Physical Chemistry Chemical Physics

Physical Chemistry Chemical Physics
CiteScore: 5.5
Self-citation Rate: 10.3%
Articles per Year: 3036

Physical Chemistry Chemical Physics (PCCP) is an international journal co-owned by 19 physical chemistry and physics societies from around the world. This journal publishes original, cutting-edge research in physical chemistry, chemical physics and biophysical chemistry. To be suitable for publication in PCCP, articles must include significant innovation and/or insight into physical chemistry; this is the most important criterion that reviewers and Editors will judge against when evaluating submissions.
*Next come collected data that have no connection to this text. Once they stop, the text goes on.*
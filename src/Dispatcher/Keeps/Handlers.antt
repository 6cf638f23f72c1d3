-- ===== src/Dispatcher/Keeps/Handlers.antt =====
-- The handlers of ServerSide/src/Dispatcher.cpp and the stable predicates.
use networking_programming_p.Base.{ℕ, Str, List, [], ◌∷◌}
use networking_programming_p.Dispatcher.State.{Pointer, Socket, World}
use networking_programming_p.Dispatcher.Sessions.{
  start_session, try_session, open_named, open_session, Found, end_session, close_session,
}
use networking_programming_p.Dispatcher.Members.{name-remove_member}
use networking_programming_p.Dispatcher.Rooms.{
  announce, announce_to, tell_left_to, send_members, dismiss, tell_left, leave_room, leave_chatroom,
}
use networking_programming_p.Dispatcher.Listings.{
  write_all, write_list, list_all_users, list_users, list_chatrooms, list_chatroom_users,
}
use networking_programming_p.Dispatcher.Loop.{
  tell_closed, tell_exited, exit_room, disconnect, user_exit,
}
use networking_programming_p.Dispatcher.Keeps.{Keeps, Keeps-pure, IsStable, stable_rules}

module _ {P : World → Type 0} (s : IsStable P) where
  pub announce-Keeps :
      (name : Str) (sock : Socket) (us : List Str) → Keeps P (announce name sock us)
  unfolding announce announce_to
  announce-Keeps name sock [] = Keeps-pure tt
  announce-Keeps name sock (u ∷ us) =
      let rest : Keeps P (announce name sock us) = announce-Keeps name sock us in
      search stable_rules depth 9

  pub send_members-Keeps : (sock : Socket) (us : List Str) → Keeps P (send_members sock us)
  unfolding send_members
  send_members-Keeps sock [] = Keeps-pure tt
  send_members-Keeps sock (u ∷ us) =
      let rest : Keeps P (send_members sock us) = send_members-Keeps sock us in
      search stable_rules depth 9

  dismiss-Keeps : (us : List Str) → Keeps P (dismiss us)
  unfolding dismiss
  dismiss-Keeps [] = Keeps-pure tt
  dismiss-Keeps (u ∷ us) =
      let rest : Keeps P (dismiss us) = dismiss-Keeps us in search stable_rules depth 9

  tell_left-Keeps : (name : Str) (us : List Str) → Keeps P (tell_left name us)
  unfolding tell_left tell_left_to
  tell_left-Keeps name [] = Keeps-pure tt
  tell_left-Keeps name (u ∷ us) =
      let rest : Keeps P (tell_left name us) = tell_left-Keeps name us in
      search stable_rules depth 9

  tell_closed-Keeps : (us : List Str) → Keeps P (tell_closed us)
  unfolding tell_closed
  tell_closed-Keeps [] = Keeps-pure tt
  tell_closed-Keeps (u ∷ us) =
      let rest : Keeps P (tell_closed us) = tell_closed-Keeps us in search stable_rules depth 9

  tell_exited-Keeps : (name : Str) (us : List Str) → Keeps P (tell_exited name us)
  unfolding tell_exited
  tell_exited-Keeps name [] = Keeps-pure tt
  tell_exited-Keeps name (u ∷ us) =
      let rest : Keeps P (tell_exited name us) = tell_exited-Keeps name us in
      search stable_rules depth 9

  write_all-Keeps : (sock : Socket) (us : List Str) → Keeps P (write_all sock us)
  unfolding write_all
  write_all-Keeps sock [] = Keeps-pure tt
  write_all-Keeps sock (u ∷ us) =
      let rest : Keeps P (write_all sock us) = write_all-Keeps sock us in
      search stable_rules depth 9

  ruleset loop_rules = (
    announce-Keeps, send_members-Keeps, dismiss-Keeps, tell_left-Keeps, tell_closed-Keeps,
    tell_exited-Keeps, write_all-Keeps,
  )

  start_session-Keeps :
      (sock : Socket) (caller target : Pointer) → Keeps P (start_session sock caller target)
  unfolding start_session
  start_session-Keeps sock caller target = search (stable_rules, s.on_session) depth 16

  try_session-Keeps :
      (sock : Socket) (mine theirs : Str) (caller target : Pointer)
      → Keeps P (try_session sock mine theirs caller target)
  unfolding try_session
  try_session-Keeps sock mine theirs caller target =
      search (stable_rules, start_session-Keeps) depth 12

  open_named-Keeps : (sock : Socket) (mine theirs : Str) → Keeps P (open_named sock mine theirs)
  unfolding open_named
  open_named-Keeps sock mine theirs = search (stable_rules, try_session-Keeps) depth 12

  pub open_session-Keeps : (user : Pointer) → Keeps P (open_session user)
  unfolding open_session
  open_session-Keeps user = search (stable_rules, open_named-Keeps) depth 12

  end_session-Keeps : (name : Str) (found : Found) → Keeps P (end_session name found)
  unfolding end_session
  end_session-Keeps name found = search (stable_rules, s.on_session_end) depth 12

  pub close_session-Keeps : (user : Pointer) → Keeps P (close_session user)
  unfolding close_session
  close_session-Keeps user = search (stable_rules, end_session-Keeps) depth 12

  leave_room-Keeps : (caller chatroom : Pointer) → Keeps P (leave_room caller chatroom)
  unfolding leave_room
  leave_room-Keeps caller chatroom =
      search (stable_rules, loop_rules, s.on_closed_room, name-remove_member) depth 12

  pub leave_chatroom-Keeps : (user : Pointer) → Keeps P (leave_chatroom user)
  unfolding leave_chatroom
  leave_chatroom-Keeps user = search (stable_rules, leave_room-Keeps) depth 12

  write_list-Keeps :
      (sock : Socket) (command : ℕ) (names : List Str) → Keeps P (write_list sock command names)
  unfolding write_list
  write_list-Keeps sock command names = search (stable_rules, loop_rules) depth 12

  pub list_all_users-Keeps : (user : Pointer) → Keeps P (list_all_users user)
  unfolding list_all_users
  list_all_users-Keeps user = search (stable_rules, write_list-Keeps) depth 12

  pub list_users-Keeps : (user : Pointer) → Keeps P (list_users user)
  unfolding list_users
  list_users-Keeps user = search (stable_rules, write_list-Keeps) depth 12

  pub list_chatrooms-Keeps : (user : Pointer) → Keeps P (list_chatrooms user)
  unfolding list_chatrooms
  list_chatrooms-Keeps user = search (stable_rules, write_list-Keeps) depth 12

  pub list_chatroom_users-Keeps : (user : Pointer) → Keeps P (list_chatroom_users user)
  unfolding list_chatroom_users
  list_chatroom_users-Keeps user = search (stable_rules, write_list-Keeps) depth 12

  exit_room-Keeps : (caller chatroom : Pointer) → Keeps P (exit_room caller chatroom)
  unfolding exit_room
  exit_room-Keeps caller chatroom =
      search (stable_rules, loop_rules, s.on_closed_room, name-remove_member) depth 12

  disconnect-Keeps : (caller : Pointer) → Keeps P (disconnect caller)
  unfolding disconnect
  disconnect-Keeps caller = search (stable_rules, exit_room-Keeps, close_session-Keeps) depth 12

  pub user_exit-Keeps : (user : Pointer) → Keeps P (user_exit user)
  unfolding user_exit
  user_exit-Keeps user = search (stable_rules, disconnect-Keeps, s.on_exit) depth 12
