-- ===== src/Dispatcher/Consistency/Leads.antt =====
-- Actions that lead from one predicate on worlds to another.
use networking_programming_p.Base.{
  ◌≡◌, refl, sym, ◌∙◌, subst, Option, none, some, inl, inr, Option-cases,
}
use networking_programming_p.Dispatcher.State.{Pointer, User, World}
use networking_programming_p.Dispatcher.Monad.{M, ◌>>=◌, on_option, modify, load_user}
use networking_programming_p.Dispatcher.Steps.{>>=_step, >>=_fault}
use networking_programming_p.Dispatcher.Keeps.{Keeps, some-state}

-- `m` leads from `P` to `Q` whenever it does not fault.
pub record Leads {A : Type 0} (P Q : World → Type 0) (m : M A) : Type 0 where
  pub at : (w v : World) (a : A) → m w ≡ some (a, v) → P w → Q v

module _ {P Q : World → Type 0} where
  pub Leads-bind :
      {A B : Type 0} (m : M A) (f : A → M B)
      → Keeps P m
      → ((a : A) → Leads P Q (f a))
      → Leads P Q (m >>= f)
  Leads-bind m f km kf = record {
    at = λ w v b h p. elim (Option-cases (m w)) [
      | inl e ↦ cc (>>=_fault m f e)
      | inr ((a, u), e) ↦ (kf a).at u v b (sym (>>=_step m f e) ∙ h) (km.at w u a e p)
    ];
  }

  pub Leads-load_user :
      {B : Type 0} (p : Pointer) (f : User → M B)
      → ((u : User) → Leads (λ w. P w × (w.users p ≡ u)) Q (f u))
      → Leads P Q (load_user p >>= f)
  unfolding load_user
  Leads-load_user p f k = record {
    at = λ w v a h c. (k (w.users p)).at w v a (sym (>>=_step (load_user p) f refl) ∙ h) (c, refl);
  }

  pub Leads-modify : (f : World → World) → ((w : World) → P w → Q (f w)) → Leads P Q (modify f)
  unfolding modify
  Leads-modify f k = record { at = λ w v a h c. subst Q (some-state h) (k w c) }

  pub Leads-on_option :
      {A B : Type 0} (n : M A) (f : B → M A) (o : Option B)
      → Leads P Q n
      → ((b : B) → Leads P Q (f b))
      → Leads P Q (on_option o n f)
  unfolding on_option
  Leads-on_option n f none kn kf = record { at = kn.at }
  Leads-on_option n f (some b) kn kf = record { at = (kf b).at }

  pub Leads-weaken :
      {A : Type 0} {R : World → Type 0} (m : M A)
      → ((w : World) → P w → R w)
      → Leads R Q m
      → Leads P Q m
  Leads-weaken m k l = record { at = λ w v a h c. l.at w v a h (k w c) }
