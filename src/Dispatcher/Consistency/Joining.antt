-- ===== src/Dispatcher/Consistency/Joining.antt =====
-- The invariant through join_chatroom and create_chatroom.
use networking_programming_p.Base.{
  suc, ◌≡◌, ◌<◌, refl, sym, ◌∙◌, ap, subst, Str, none, some, arith, inl, inr, true, Option-cases,
}
use networking_programming_p.OrderedMap.{insert}
use networking_programming_p.OrderedMap.Order.{IsOrdered-insert}
use networking_programming_p.Dispatcher.State.{Pointer, Socket, User, ChatRoom, World}
use networking_programming_p.Dispatcher.Monad.{M, ◌>>=◌}
use networking_programming_p.Dispatcher.Steps.{
  >>=_step, >>=_fault, update_ne, update_self, current_user_lem, current_user_fault,
}
use networking_programming_p.Dispatcher.Members.{name-add_member}
use networking_programming_p.Dispatcher.Caller.{scan_users, current_user}
use networking_programming_p.Dispatcher.Rooms.{enter_room, create_chatroom, join_chatroom}
use networking_programming_p.Dispatcher.Rooms.Create.{
  made, created, create_chatroom_lem, create_chatroom_fault,
}
use networking_programming_p.Dispatcher.Keeps.{
  Keeps, Keeps-load_user, Keeps-read, Keeps-gets, IsStable, stable_rules, some-state,
}
use networking_programming_p.Dispatcher.Keeps.Handlers.{announce-Keeps, send_members-Keeps}
use networking_programming_p.Dispatcher.Consistency.{IsConsistent}
use networking_programming_p.Dispatcher.Consistency.Stable.{
  AreNamed-insert, AreNamed-change, scan_users-AreNamed, update_name, IsConsistent-stable,
}
use networking_programming_p.Dispatcher.Consistency.Leads.{
  Leads, Leads-bind, Leads-load_user, Leads-modify, Leads-on_option, Leads-weaken,
}

-- The maps are consistent, and the object at `p` has the name `n`.
pub record IsAt (p : Pointer) (n : Str) (w : World) : Type 0 where
  pub maps : IsConsistent w
  pub named : (w.users p).name ≡ n
  pub made : p < w.next_user

IsAt-stable : (p : Pointer) (n : Str) → IsStable (IsAt p n)
IsAt-stable p n = record {
  on_sent = λ w packets c. record {
    maps = IsConsistent-stable.on_sent w packets c.maps;
    named = c.named;
    made = c.made;
  };
  on_inbox = λ w q c. record {
    maps = IsConsistent-stable.on_inbox w q c.maps;
    named = c.named;
    made = c.made;
  };
  on_user = λ w q f k c. record {
    maps = IsConsistent-stable.on_user w q f k c.maps;
    named = update_name w q f k p ∙ c.named;
    made = c.made;
  };
  on_room = λ w q f k c. record {
    maps = IsConsistent-stable.on_room w q f k c.maps;
    named = c.named;
    made = c.made;
  };
  on_session = λ w a b c. record {
    maps = IsConsistent-stable.on_session w a b c.maps;
    named = c.named;
    made = c.made;
  };
  on_session_end = λ w a c. record {
    maps = IsConsistent-stable.on_session_end w a c.maps;
    named = c.named;
    made = c.made;
  };
  on_closed_room = λ w a c. record {
    maps = IsConsistent-stable.on_closed_room w a c.maps;
    named = c.named;
    made = c.made;
  };
  on_exit = λ w a c. record {
    maps = IsConsistent-stable.on_exit w a c.maps;
    named = c.named;
    made = c.made;
  };
}

-- users_map[n] = p for a user of that name
pub IsConsistent-insert :
    (p : Pointer) (n : Str) (w : World)
    → IsAt p n w
    → IsConsistent (record w { users_map = insert n p w.users_map })
IsConsistent-insert p n w c = record {
  users = AreNamed-insert _ _ n p w.users_map c.named c.made c.maps.users;
  rooms = c.maps.rooms;
  users_ordered = IsOrdered-insert n p w.users_map c.maps.users_ordered;
  rooms_ordered = c.maps.rooms_ordered;
  sessions_ordered = c.maps.sessions_ordered;
}

-- The maps are consistent, and `p` was allocated.
abbrev Holds : Pointer → World → Type 0
Holds p w = IsConsistent w × (p < w.next_user)

enter_room-Leads :
    (sock : Socket) (caller chatroom : Pointer)
    → Leads (Holds caller) IsConsistent (enter_room sock caller chatroom)
unfolding enter_room
enter_room-Leads sock caller chatroom = Leads-load_user caller _ λ me.
    Leads-weaken {R = IsAt caller me.name} _
      (λ w c. record { maps = c.0.0; named = ap (λ (u : User). u.name) c.1; made = c.0.1 })
      (search
        (
          Leads-bind,
          Leads-modify,
          IsConsistent-insert,
          stable_rules,
          IsAt-stable caller me.name,
          announce-Keeps,
          send_members-Keeps,
          name-add_member,
        )
        depth 16)

-- A user whom the loop over users_map finds was allocated.
Leads-current_user :
    {B : Type 0} {Q : World → Type 0} (sock : Socket) (f : Pointer → M B)
    → ((p : Pointer) → Leads (Holds p) Q (f p))
    → Leads IsConsistent Q (current_user sock >>= f)
Leads-current_user sock f k = record {
  at = λ w v a h c. elim (Option-cases (scan_users w.users sock none w.users_map)) [
    | inl e ↦ cc (>>=_fault (current_user sock) f (current_user_fault sock w e))
    | inr (p, e) ↦
        (k p).at w v a (sym (>>=_step (current_user sock) f (current_user_lem sock w p e)) ∙ h)
          (c, ground (arith, scan_users-AreNamed _ _ w.users sock none w.users_map p c.users))
  ];
}

created-IsConsistent :
    (user caller : Pointer) (name : Str) (w : World)
    → IsConsistent w
    → IsConsistent (created user caller name w)
unfolding created made
created-IsConsistent user caller name w c = record {
  users =
      AreNamed-change _ _ w.next_user w.next_user w.users_map
        (λ q _.
          update_name w caller
            (λ u. record u { connection_status = true; connected_to_chat_room = some w.next_room })
            (λ u. refl) q)
        (omega arith) c.users;
  rooms =
      AreNamed-insert _ _ name w.next_room w.chatrooms_map
        (ap (λ (r : ChatRoom). r.name) (update_self w.rooms w.next_room (made user name w)))
        (omega arith)
        (AreNamed-change _ _ w.next_room (suc w.next_room) w.chatrooms_map
          (λ q l.
            ap (λ (r : ChatRoom). r.name)
              (update_ne w.rooms w.next_room q (made user name w) (omega arith)))
          (omega arith) c.rooms);
  users_ordered = c.users_ordered;
  rooms_ordered = IsOrdered-insert name w.next_room w.chatrooms_map c.rooms_ordered;
  sessions_ordered = c.sessions_ordered;
}

create_chatroom-Keeps :
    (user : Pointer) (name : Str) → Keeps IsConsistent (create_chatroom user name)
create_chatroom-Keeps user name = record {
  at = λ w v a h c.
      elim (Option-cases (scan_users w.users (w.users user).socket (some user) w.users_map)) [
        | inl e ↦ cc (create_chatroom_fault user name w e)
        | inr (caller, e) ↦
            subst IsConsistent (some-state (sym (create_chatroom_lem user caller name w e) ∙ h))
              (created-IsConsistent user caller name w c)
      ];
}

join_chatroom-Leads : (user : Pointer) → Leads IsConsistent IsConsistent (join_chatroom user)
unfolding join_chatroom
join_chatroom-Leads user = Leads-bind _ _ (Keeps-load_user user) λ this.
    Leads-bind _ _ (Keeps-read IsConsistent-stable this.socket) λ name.
      Leads-current_user this.socket _ λ caller. Leads-bind _ _ (Keeps-gets _) λ room.
        Leads-on_option _ _ room
          (Leads-weaken _ (λ w c. c.0) (record { at = (create_chatroom-Keeps user name).at }))
          (λ chatroom. enter_room-Leads this.socket caller chatroom)

pub join_chatroom-Keeps : (user : Pointer) → Keeps IsConsistent (join_chatroom user)
join_chatroom-Keeps user = record { at = (join_chatroom-Leads user).at }
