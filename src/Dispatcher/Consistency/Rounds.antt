-- ===== src/Dispatcher/Consistency/Rounds.antt =====
-- The invariant through every handler, and so through every round of Dispatcher::run.
use networking_programming_p.Base.{ℕ, suc, ◌≡◌, refl, ap, Str, List, [], ◌∷◌, some, arith}
use networking_programming_p.OrderedMap.{insert}
use networking_programming_p.Listener.{Selected}
use networking_programming_p.Dispatcher.State.{Pointer, Socket, User, new_user, World, update}
use networking_programming_p.Dispatcher.Monad.{allocate_user}
use networking_programming_p.Dispatcher.Steps.{update_ne, update_self, added, add_user_lem}
use networking_programming_p.Dispatcher.Caller.{add_user}
use networking_programming_p.Dispatcher.Loop.{handle, round, poll, run}
use networking_programming_p.Dispatcher.Keeps.{Keeps, Keeps-exact, stable_rules, keeps_rules}
use networking_programming_p.Dispatcher.Keeps.Handlers.{
  open_session-Keeps, close_session-Keeps, leave_chatroom-Keeps, list_all_users-Keeps,
  list_users-Keeps, list_chatrooms-Keeps, list_chatroom_users-Keeps, user_exit-Keeps,
}
use networking_programming_p.Dispatcher.Consistency.{IsConsistent}
use networking_programming_p.Dispatcher.Consistency.Stable.{AreNamed-change, IsConsistent-stable}
use networking_programming_p.Dispatcher.Consistency.Joining.{
  IsConsistent-insert, join_chatroom-Keeps,
}

handle-Keeps : (command : ℕ) (user : Pointer) → Keeps IsConsistent (handle command user)
unfolding handle
handle-Keeps command user =
    search
      (
        stable_rules, IsConsistent-stable, open_session-Keeps, close_session-Keeps,
        leave_chatroom-Keeps, list_all_users-Keeps, list_users-Keeps, list_chatrooms-Keeps,
        list_chatroom_users-Keeps, user_exit-Keeps, join_chatroom-Keeps,
      )
      depth 16

-- A new object changes no name in the maps.
allocate_user-IsConsistent :
    (u : User) (w : World)
    → IsConsistent w
    → IsConsistent (record w { users = update w.users w.next_user u; next_user = suc w.next_user })
allocate_user-IsConsistent u w c = record {
  users =
      AreNamed-change _ _ w.next_user (suc w.next_user) w.users_map
        (λ q l. ap (λ (r : User). r.name) (update_ne w.users w.next_user q u (omega arith)))
        (omega arith) c.users;
  rooms = c.rooms;
  users_ordered = c.users_ordered;
  rooms_ordered = c.rooms_ordered;
  sessions_ordered = c.sessions_ordered;
}

allocate_user-Keeps : (u : User) → Keeps IsConsistent (allocate_user u)
unfolding allocate_user
allocate_user-Keeps u = Keeps-exact _ _ (λ w. refl) (allocate_user-IsConsistent u)

pub round-Keeps : (sock : Socket) → Keeps IsConsistent (round sock)
unfolding round
round-Keeps sock =
    search (stable_rules, IsConsistent-stable, allocate_user-Keeps, handle-Keeps) depth 16

poll-Keeps : (outcome : Selected) → Keeps IsConsistent (poll outcome)
unfolding poll
poll-Keeps outcome = search (keeps_rules, round-Keeps) depth 16

run-Keeps : (outcomes : List Selected) → Keeps IsConsistent (run outcomes)
unfolding run
run-Keeps [] = search keeps_rules depth 16
run-Keeps (outcome ∷ outcomes) =
    let rest : Keeps IsConsistent (run outcomes) = run-Keeps outcomes in
    search (keeps_rules, poll-Keeps) depth 16

-- However many rounds Dispatcher::run goes through without undefined behaviour, whatever select
-- reports in them and whatever the clients have sent, the maps stay consistent.
pub run-IsConsistent :
    (outcomes : List Selected) (w v : World)
    → IsConsistent w
    → run outcomes w ≡ some (tt, v)
    → IsConsistent v
run-IsConsistent outcomes w v c h = (run-Keeps outcomes).at w v tt h c

-- add_user never faults, and keeps the maps consistent.
pub add_user-IsConsistent :
    (peer : Socket) (name : Str) (w : World)
    → IsConsistent w
    → (v : World) × (add_user peer name w ≡ some (tt, v)) × IsConsistent v
unfolding added
add_user-IsConsistent peer name w c = (
  added peer name w,
  add_user_lem peer name w,
  record {
    users = kept.users;
    rooms = kept.rooms;
    users_ordered = kept.users_ordered;
    rooms_ordered = kept.rooms_ordered;
    sessions_ordered = kept.sessions_ordered;
  },
)
  where
    u : User
    u = record new_user { socket = peer; name = name }

    kept : IsConsistent (record w {
      users = update w.users w.next_user u;
      next_user = suc w.next_user;
      users_map = insert name w.next_user w.users_map;
    })
    kept = IsConsistent-insert w.next_user name _ (record {
      maps = allocate_user-IsConsistent u w c;
      named = ap (λ (x : User). x.name) (update_self w.users w.next_user u);
      made = omega arith;
    })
The journal has a broad scope and welcomes contributions spanning experiment, theory, computation and data science. Topical coverage includes spectroscopy, dynamics, kinetics, statistical mechanics, thermodynamics, electrochemistry, catalysis, surface science, quantum mechanics, quantum computing and machine learning. Interdisciplinary research areas such as polymers and soft matter, materials, nanoscience, energy, surfaces/interfaces, and biophysical chemistry are welcomed if they demonstrate significant innovation and/or insight into physical chemistry. Joined experimental/theoretical studies are particularly appreciated when complementary and based on up-to-date approaches.